On apprendra plus tard que deux d’entre elles avaient été expulsées de chez elles puisqu’elles ne pouvaient plus payer leur loyer. Une fois mises à la porte, certains malotrus se sont empressés d’alerter les autorités comme le rapporte Les Temps Nouveaux, ce journal anarchiste fondé par Jean Grave. « Les ouvriers et ouvrières brossiers de cette ville se sont trouvés, à la suite d’une grève, dans un état de profonde misère. C’est au point que des femmes et des jeunes filles, n’ayant plus d’abri, furent réduites à passer la nuit dans les corridors des maisons, quelques-unes même dans la rue. Les propriétaires ont mis à la porte de leur domicile quelques malheureuses ouvrières que la police, prévenue, s’est empressée d’arrêter pour « délit de vagabondage ».
« Honteux » , « scandaleux », « inacceptable »… c’est donc cette nouvelle qui indigne la population rennaise en ce 07 mai 1903. Même le Ouest-Éclair prend fait et cause pour ces femmes en lançant une souscription afin de leur venir en aide financièrement. Des lettres de soutien sont envoyées au journal pour publication. Face à cet abus, il devait y avoir des sanctions. C’est chose faite quelques jours plus tard et cela n’est pas pris à la légère ! Des hommes politiques remontent l’affaire aux oreilles du Président du Conseil, Emile Combes. Ni une ni deux, une enquête est demandée auprès du préfet de l’Ille-et-vilaine.

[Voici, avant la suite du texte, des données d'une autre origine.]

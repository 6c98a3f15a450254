-- ===== src/Proxy/Tests.antt =====
-- Runs of the proxies against small kernels, and the theorems at inputs that meet their hypotheses.
use ece.Prelude.{
  ◌⊎◌, ℕ, ◌+◌, ◌≡◌, refl, some, none, true, false, [], ◌∷◌, ◌++◌, Bytes, codes, if◌then◌else◌, ◌==◌,
  arith, pos,
}
use ece.Sys.{connected, Kernel, Trace, PollReply, ForkReply, sent}
use ece.Sys.After.{After}
use ece.Sys.Balance.{Balance, Orderly, bit}
use ece.Sys.{Stop}
use ece.CString.{strstr}
use ece.CString.Decimal.{show_ℕ}
use ece.Proxy.Url.{parse_url, parse_authority}
use ece.Proxy.Url.RoundTrip.{parse_url-path, parse_url-port}
use ece.Proxy.Request.{
  scan_request, keep_alive, connection_close, get_line, rewrite_request, put_headers,
}
use ece.Proxy.Request.Rewrite.{rewrite-keep_alive, rewrite_in_bounds, first_line}
use ece.Proxy.Exchange.Balance.{Unlogged}
use ece.Proxy.Relay.{relay}
use ece.Proxy.Relay.Read.{Passed, AllRead}
use ece.Proxy.Relay.Flow.{relay-Passed}
use ece.Proxy.Log.{quad_of}
use ece.Proxy.Child.{child}
use ece.Proxy.Child.Balance.{child-Balance}
use ece.Proxy.Sequential.{serve_client, serve_rounds}
use ece.Proxy.Sequential.Balance.{serve_client-Balance, serve_rounds-leak}
use ece.Proxy.Thread.{thread_handle}
use ece.Proxy.Thread.Balance.{thread_handle-Balance}

abbrev pub client : ℕ
client = 4

abbrev pub server : ℕ
server = 5

abbrev log_fd : ℕ
log_fd = 6

abbrev request_text : Bytes
request_text = codes "GET http://h/x HTTP/1.0\r\nConnection: keep-alive\r\n\r\n"

-- The client sends one request, the server one short answer, and `poll` times out.
abbrev pub quiet : Kernel
quiet = record {
  read = λ t fd n. some (if fd == client then request_text else codes "answer");
  write = λ t fd bytes. true;
  getaddrinfo = λ t host service. some 1;
  socket = λ t addr. some server;
  connect = λ t fd addr. true;
  open_file = λ t path. some log_fd;
  poll = λ t. PollReply.timed_out;
  server_socket = λ t. some 3;
  bind = λ t fd port. true;
  listen = λ t fd. true;
  accept = λ t. some (client, 0x0100007f);
  waitpid = λ t. false;
  fork = λ t. ForkReply.in_child;
  time_str = λ t. codes "now";
  beyond = λ t. [];
}

-- The trace of a thread; a test unfolds this alone.
thread_trace : Kernel → Trace
unfolding ece.Proxy.Thread.thread_handle ece.Proxy.Thread.serve ece.Proxy.Thread.dispatch
    ece.Proxy.Request.scan_request ece.CString.scan_word ece.CString.c_string
    ece.Proxy.Thread.by_method ece.CString.strncasecmp_eq ece.Proxy.Thread.handle_get
    ece.Proxy.Exchange.fetch ece.Proxy.Url.parse_url ece.Proxy.Url.scan_full ece.CString.scan_host
    ece.Proxy.Url.scan_short ece.Proxy.Exchange.fetch_from ece.Proxy.Upstream.connect_server
    ece.Proxy.Exchange.forward ece.Proxy.Request.rewrite_request ece.CString.Decimal.show_int
    ece.CString.span ece.CString.strchr ece.CString.strip_prefix ece.CString.strstr
    ece.Proxy.Exchange.send ece.Proxy.Log.format_log_entry ece.Proxy.Relay.after_first
    ece.Proxy.Relay.relay ece.Proxy.Request.put_headers ece.Proxy.Thread.log_entry
thread_trace k = (thread_handle k 9 client 0x0100007f []).1

thread_sends :
    sent server (thread_trace quiet) ≡ codes "GET /x HTTP/1.0\r\nConnection: close\r\n\r\n"
unfolding thread_trace
thread_sends = refl

thread_answers : sent client (thread_trace quiet) ≡ codes "answer"
unfolding thread_trace
thread_answers = refl

thread_logs : sent log_fd (thread_trace quiet) ≡ codes "now: 127.0.0.1 http://h/x 6\n"
unfolding thread_trace
thread_logs = refl

thread_handle-Balance_example :
    After
      (thread_handle quiet 9 client 0x0100007f [])
      (λ _ t'. Balance (bit server) [] t' (bit server client) 0)
      (λ s t'. Orderly s (
        Balance (bit server) [] t' (bit server client) 0
        ⊎ Unlogged quiet (codes "proxy.log") (client ∷ []) (bit server) [] t'))
thread_handle-Balance_example = thread_handle-Balance quiet 9 client 0x0100007f (bit server) []

child-Balance_example :
    After
      (child quiet 9 3 client 0x0100007f [])
      (λ _ t'.
        (fd : ℕ) × (connected t' ≡ some fd)
        × Balance (bit server) [] t' (bit server client) (bit server fd))
      (λ s t'. Orderly s (
        Balance (bit server) [] t' (bit server client + bit server 3) 0
        ⊎ Unlogged quiet (codes "proxy.log") (client ∷ 3 ∷ []) (bit server) [] t'))
child-Balance_example = child-Balance quiet 9 3 client 0x0100007f (bit server) []

serve_client-Balance_example :
    After
      (serve_client quiet 9 3 client 0x0100007f [])
      (λ _ t'.
        (fd : ℕ) × (connected t' ≡ some fd)
        × Balance (bit server) [] t' (bit server client) (bit server fd))
      (λ s t'. Orderly s (
        Balance (bit server) [] t' (bit server client + bit server 3) 0
        ⊎ Unlogged quiet (codes "logfile.txt") (client ∷ 3 ∷ []) (bit server) [] t'))
serve_client-Balance_example = serve_client-Balance quiet 9 3 client 0x0100007f (bit server) []

serve_rounds-leak_example :
    After (serve_rounds quiet 9 3 2 []) (λ _ t'. Balance (λ _. 1) [] t' 0 2) (λ s t'. Unit {0})
serve_rounds-leak_example = serve_rounds-leak quiet 9 3 2 []

relay-Passed_example :
    After
      (relay quiet 9 client server [])
      (λ total t'.
        (x : Bytes) × Passed client server [] t' x × AllRead quiet client server [] x total t')
      (λ s t'. (s ≡ Stop.undefined) ⊎ (s ≡ Stop.running))
relay-Passed_example = relay-Passed quiet client server 9 []

parse_url-port_example :
    parse_url (codes "http://" ++ (codes "h.org" ++ b':' ∷ (show_ℕ 8080 ++ b'/' ∷ codes "a")))
    ≡ some (record {
      host = some (codes "h.org");
      port = pos 8080;
      resource = some (b'/' ∷ codes "a");
    })
parse_url-port_example =
    parse_url-port (codes "h.org") (codes "a") 8080 ((λ e. ground arith), omega arith) (refl, tt)
      (omega arith)

two_headers :
    strstr (codes "A: b\r\nConnection: keep-alive\r\nC: d\r\n") keep_alive
    ≡ some (codes "A: b\r\n", codes "C: d\r\n")
unfolding strstr
two_headers = refl

rewrite-keep_alive_example :
    (codes "A: b\r\nConnection: keep-alive\r\nC: d\r\n"
      ≡ codes "A: b\r\n" ++ (keep_alive ++ codes "C: d\r\n"))
    × (rewrite_request
          (codes "GET" ++ b'\n' ∷ codes "A: b\r\nConnection: keep-alive\r\nC: d\r\n")
          (codes "/x")
          (codes "v")
        ≡ some (
            get_line (codes "/x") (codes "v")
            ++ (codes "A: b\r\n" ++ (connection_close ++ codes "C: d\r\n"))))
rewrite-keep_alive_example =
    rewrite-keep_alive (codes "GET") (codes "A: b\r\nConnection: keep-alive\r\nC: d\r\n")
      (codes "/x") (codes "v") (codes "A: b\r\n") (codes "C: d\r\n") (omega arith) two_headers
      (omega arith)

no_header : strstr (codes "Host: h\r\n\r\n") keep_alive ≡ none
unfolding strstr
no_header = refl

parses :
    parse_url (codes "http://h/x")
    ≡ some (record { host = some (codes "h"); port = pos 80; resource = some (codes "/x") })
parses = parse_url-path (codes "h") (codes "x") ((λ e. ground arith), omega arith) (refl, tt)

rewrite_in_bounds_example :
    rewrite_request
      (first_line (codes "GET") (codes "http://h/x") (codes "v") ++ b'\n' ∷ codes "\r\n")
      (codes "/x")
      (codes "v")
    ≡ some (put_headers (get_line (codes "/x") (codes "v")) (codes "\r\n"))
rewrite_in_bounds_example =
    rewrite_in_bounds (codes "GET") (codes "http://h/x") (codes "v") (codes "\r\n") _ (codes "/x")
      (omega arith) parses refl (omega arith) (omega arith)
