-- ===== src/Proxy/Handoff.antt =====
-- How `main` of Assignment3 hands a client to its thread: by the address of a variable of its loop,
-- `clinfo client`, which has the same place on the stack in each round.
pub mod Race
use ece.Prelude.{ℕ, Option, none, some, List, [], ◌∷◌, ◌++◌, get_elem?, set}

-- `client` in memory, by its descriptor; and for each thread, by the order of creation, the copy that
-- it made of `*vargp`, if it has.
pub record State : Type 0 where
  pub client : ℕ
  pub threads : List (Option ℕ)

-- `main` accepts a client, writes `client` and creates a thread; the thread of a number makes its copy.
pub data Action : Type 0 where
  accept : (client_fd : ℕ) → Action
  copy : (thread : ℕ) → Action

-- `clinfo client = *((clinfo *)vargp);`
unfoldable pub copy_client : State → ℕ → Option (Option ℕ) → Option State
copy_client s i (some none) = some (record s { threads = set s.threads i (some s.client) })
copy_client s i (some (some fd)) = none
copy_client s i none = none

-- `none`: the step cannot be made.
unfoldable pub step : Action → State → Option State
step (Action.accept client_fd) s =
    some (record { client = client_fd; threads = s.threads ++ none ∷ [] })
step (Action.copy i) s = copy_client s i (get_elem? s.threads i)

unfoldable pub run : List Action → State → Option State
run [] s = some s
run (a ∷ actions) s = elim (step a s) [ none ↦ none | some s' ↦ run actions s' ]
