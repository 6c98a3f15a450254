-- ===== src/Proxy/Handoff/Race.antt =====
-- What a thread gets, by the order of the steps.
use ece.Prelude.{
  get_elem?-last, get_elem?-append, get_elem?-append_cases, get_elem?-set_cases, get_elem?-set_self,
  sym, ◌∙◌, arith, ℕ, ◌≡◌, ◌≢◌, inl, inr, refl, Option, none, some, List, [], ◌∷◌, ◌++◌, length,
  get_elem?, Holds, Holds-bind, All,
}
use ece.Proxy.Handoff.{State, Action, copy_client, step, run}

-- A step by which `c` is not accepted.
abbrev pub Other : ℕ → Action → Type 0
Other c (Action.accept d) = d ≢ c
Other c (Action.copy i) = Unit

-- `c` is not in the variable, and not what thread `i` has.
abbrev Missed : ℕ → ℕ → State → Type 0
Missed i c s = (s.client ≢ c) × (get_elem? s.threads i ≢ some (some c))

copy_client-Missed :
    (i c : ℕ) (s : State) (j : ℕ) (o : Option (Option ℕ))
    → Missed i c s
    → Holds (copy_client s j o) (Missed i c)
unfolding copy_client
copy_client-Missed i c s j none h = tt
copy_client-Missed i c s j (some (some fd)) h = tt
copy_client-Missed i c s j (some none) h = (
  h.0,
  elim (get_elem?-set_cases s.threads i j (some s.client)) [
    | inl e ↦ rw e h.1
    | inr (f, e) ↦ rw e (λ g. ground arith)
  ],
)

step-Missed :
    (i c : ℕ) (a : Action) (s : State) → Other c a → Missed i c s → Holds (step a s) (Missed i c)
unfolding step
step-Missed i c (Action.accept d) s o h = (
  o,
  elim (get_elem?-append_cases s.threads none i) [
    | inl e ↦ rw e h.1
    | inr e ↦ rw e (λ g. ground arith)
  ],
)
step-Missed i c (Action.copy j) s o h = copy_client-Missed i c s j (get_elem? s.threads j) h

run-Missed :
    (i c : ℕ) (actions : List Action) (s : State)
    → All (Other c) actions
    → Missed i c s
    → Holds (run actions s) (Missed i c)
unfolding run
run-Missed i c [] s o h = h
run-Missed i c (a ∷ actions) s o h =
    Holds-bind (step a s) (run actions) _ _ (step-Missed i c a s o.0 h)
      (λ u g. run-Missed i c actions u o.1 g)

-- When a second client is accepted before the thread of the first has made its copy, that thread never
-- gets the first client, whatever happens, unless its descriptor is handed out by another `accept`.
pub run-lost :
    (c d : ℕ) (actions : List Action) (s s' : State)
    → c ≢ d
    → All (Other c) actions
    → run (Action.accept c ∷ Action.accept d ∷ actions) s ≡ some s'
    → get_elem? s'.threads (length s.threads) ≢ some (some c)
unfolding run step
run-lost c d actions s s' ne others e =
    let fresh : get_elem? ((s.threads ++ none ∷ []) ++ none ∷ []) (length s.threads) ≡ some none =
      get_elem?-append (s.threads ++ none ∷ []) (none ∷ []) (length s.threads) none
        (get_elem?-last s.threads none) in
    let missed =
      run-Missed (length s.threads) c actions
        (record { client = d; threads = (s.threads ++ none ∷ []) ++ none ∷ [] }) others
        ((λ f. ne (sym f)), rw fresh (λ g. ground arith)) in
    (rw e at missed).1

-- What thread `i` has, it keeps.
abbrev Has : ℕ → ℕ → State → Type 0
Has i c s = get_elem? s.threads i ≡ some (some c)

copy_client-Has :
    (i c : ℕ) (s : State) (j : ℕ) (o : Option (Option ℕ))
    → get_elem? s.threads j ≡ o
    → Has i c s
    → Holds (copy_client s j o) (Has i c)
unfolding copy_client
copy_client-Has i c s j none e h = tt
copy_client-Has i c s j (some (some fd)) e h = tt
copy_client-Has i c s j (some none) e h = elim (get_elem?-set_cases s.threads i j (some s.client)) [
  | inl f ↦ f ∙ h
  | inr (f, g) ↦
      absurd (let both : get_elem? s.threads j ≡ some (some c) = rw f at h in ground arith)
]

step-Has : (i c : ℕ) (a : Action) (s : State) → Has i c s → Holds (step a s) (Has i c)
unfolding step
step-Has i c (Action.accept d) s h = get_elem?-append s.threads (none ∷ []) i (some c) h
step-Has i c (Action.copy j) s h = copy_client-Has i c s j (get_elem? s.threads j) refl h

run-Has :
    (i c : ℕ) (actions : List Action) (s : State) → Has i c s → Holds (run actions s) (Has i c)
unfolding run
run-Has i c [] s h = h
run-Has i c (a ∷ actions) s h =
    Holds-bind (step a s) (run actions) _ _ (step-Has i c a s h) (run-Has i c actions)

copy_client-own :
    (c : ℕ) (s : State)
    → let u : State = record { client = c; threads = s.threads ++ none ∷ [] } in
      Holds
        (copy_client u (length s.threads) (get_elem? u.threads (length s.threads)))
        (Has (length s.threads) c)
unfolding copy_client
copy_client-own c s =
    let fresh = get_elem?-last s.threads none in
    rw fresh (get_elem?-set_self (s.threads ++ none ∷ []) (length s.threads) none (some c) fresh)

-- A thread that makes its copy before the next `accept` has its own client, and keeps it, whatever
-- happens.
pub run-kept :
    (c : ℕ) (actions : List Action) (s s' : State)
    → run (Action.accept c ∷ Action.copy (length s.threads) ∷ actions) s ≡ some s'
    → get_elem? s'.threads (length s.threads) ≡ some (some c)
unfolding run step copy_client
run-kept c actions s s' e =
    let i = length s.threads in
    let u : State = record { client = c; threads = s.threads ++ none ∷ [] } in
    rw e at (
      Holds-bind (copy_client u i (get_elem? u.threads i)) (run actions) (Has i c) (Has i c)
        (copy_client-own c s) (run-Has i c actions))
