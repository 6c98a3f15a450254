-- ===== src/Proxy/Concurrent/Tests.antt =====
-- The loop of `main` and the hand-over to a thread, at inputs that meet the theorems' hypotheses.
use ece.Prelude.{◌≡◌, ◌≢◌, refl, some, none, false, [], ◌∷◌, length, get_elem?, arith}
use ece.Sys.{Kernel, ForkReply}
use ece.Sys.After.{After}
use ece.Sys.Balance.{Balance, Orderly, bit}
use ece.Proxy.Tests.{quiet, client}
use ece.Proxy.Concurrent.{accept_rounds}
use ece.Proxy.Concurrent.Balance.{parent-Balance}
use ece.Proxy.Handoff.{State, Action, run, step}
use ece.Proxy.Handoff.Race.{run-lost}

-- `fork` returns the child's number.
abbrev parental : Kernel
parental = record quiet { fork = λ t. ForkReply.in_parent }

parent-Balance_example :
    After
      (accept_rounds parental 9 false 3 2 [])
      (λ _ v. Balance (bit client) [] v 0 0)
      (λ s v. Orderly s (Balance (bit client) [] v (bit client 3) 0))
parent-Balance_example = parent-Balance parental 9 3 2 (bit client) [] (λ t. refl)

abbrev fresh : State
fresh = record { client = 0; threads = [] }

abbrev overwritten : State
overwritten = record { client = 5; threads = some 5 ∷ some 5 ∷ [] }

abbrev copied : State
copied = record { client = 5; threads = some 4 ∷ none ∷ [] }

-- Two clients are accepted before the first thread runs: both threads get the second.
both_get_second :
    run (Action.accept 4 ∷ Action.accept 5 ∷ Action.copy 0 ∷ Action.copy 1 ∷ []) fresh
    ≡ some overwritten
unfolding run step ece.Proxy.Handoff.copy_client
both_get_second = refl

run-lost_example : get_elem? overwritten.threads (length fresh.threads) ≢ some (some 4)
run-lost_example =
    run-lost 4 5 (Action.copy 0 ∷ Action.copy 1 ∷ []) fresh overwritten (omega arith) (tt, (tt, tt))
      both_get_second

in_time : run (Action.accept 4 ∷ Action.copy 0 ∷ Action.accept 5 ∷ []) fresh ≡ some copied
unfolding run step ece.Proxy.Handoff.copy_client
in_time = refl
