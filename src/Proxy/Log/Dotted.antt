-- ===== src/Proxy/Log/Dotted.antt =====
-- The dotted form of an address.
use ece.Prelude.{ℕ, ◌+◌, ◌*◌, ◌/◌, ◌%◌, ◌^◌, ◌<◌, ◌≡◌, arith}
use ece.Proxy.Log.{quad_of}

-- `a`, `b`, `c` and `d` are the bytes of the address in the order of memory, which is network order,
-- and the address can be told from them.
pub quad_of-memory :
    (s_addr : ℕ)
    → s_addr < 2 ^ 32
    → ((quad_of s_addr).a ≡ s_addr % 256)
      × ((quad_of s_addr).d ≡ s_addr / 2 ^ 24)
      × ((quad_of s_addr).a
            + (quad_of s_addr).b * 2 ^ 8
            + (quad_of s_addr).c * 2 ^ 16
            + (quad_of s_addr).d * 2 ^ 24
          ≡ s_addr)
unfolding quad_of
quad_of-memory s_addr h = omega arith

Les conclusions du rapport sont sans surprise et un décret est vite signé. On ordonne ainsi la mise à la retraite anticipée du commissaire central, Mr Laffite. Le commissaire de police du 2ième arrondissement, Mr Gondelle, n’est pas en reste puisqu’il est muté dans le Nord, à Halluin et l’agent Tribodet est disgracié, transferé dans un autre service(+d’1fos). Enfin, les trois jeunes femmes seront aussi reçues par le Préfet et l’incident, discuté au sein de la chambre des Députés. C’est dire l’
Malheureusement, les semaines passent et rien ne bouge malgré une demande de conciliation des ouvrier·ère·s auprès du juge Cuault. Le patronat joue la montre et laisse pourrir la situation. Méthode habituelle mais efficace. Le destin collectif rentre souvent en conflit avec l’immédiateté de certaines problématiques personnelles. « Tous les camarades blâment et réprouvent énergiquement la conduite des jaunes qui sont restés au travail […] La non-réussite incombe à ceux qui n’ont pas quitté leur travail » écrira la commission syndicale. C’est donc avec une certaine frustration et le cœur serré que la grève se termine sans victoire ni avancée. Le 24 mai 1903, après plus de sept semaines de lutte inégale, les ouvriers et les ouvrières en brosserie reprennent le travail.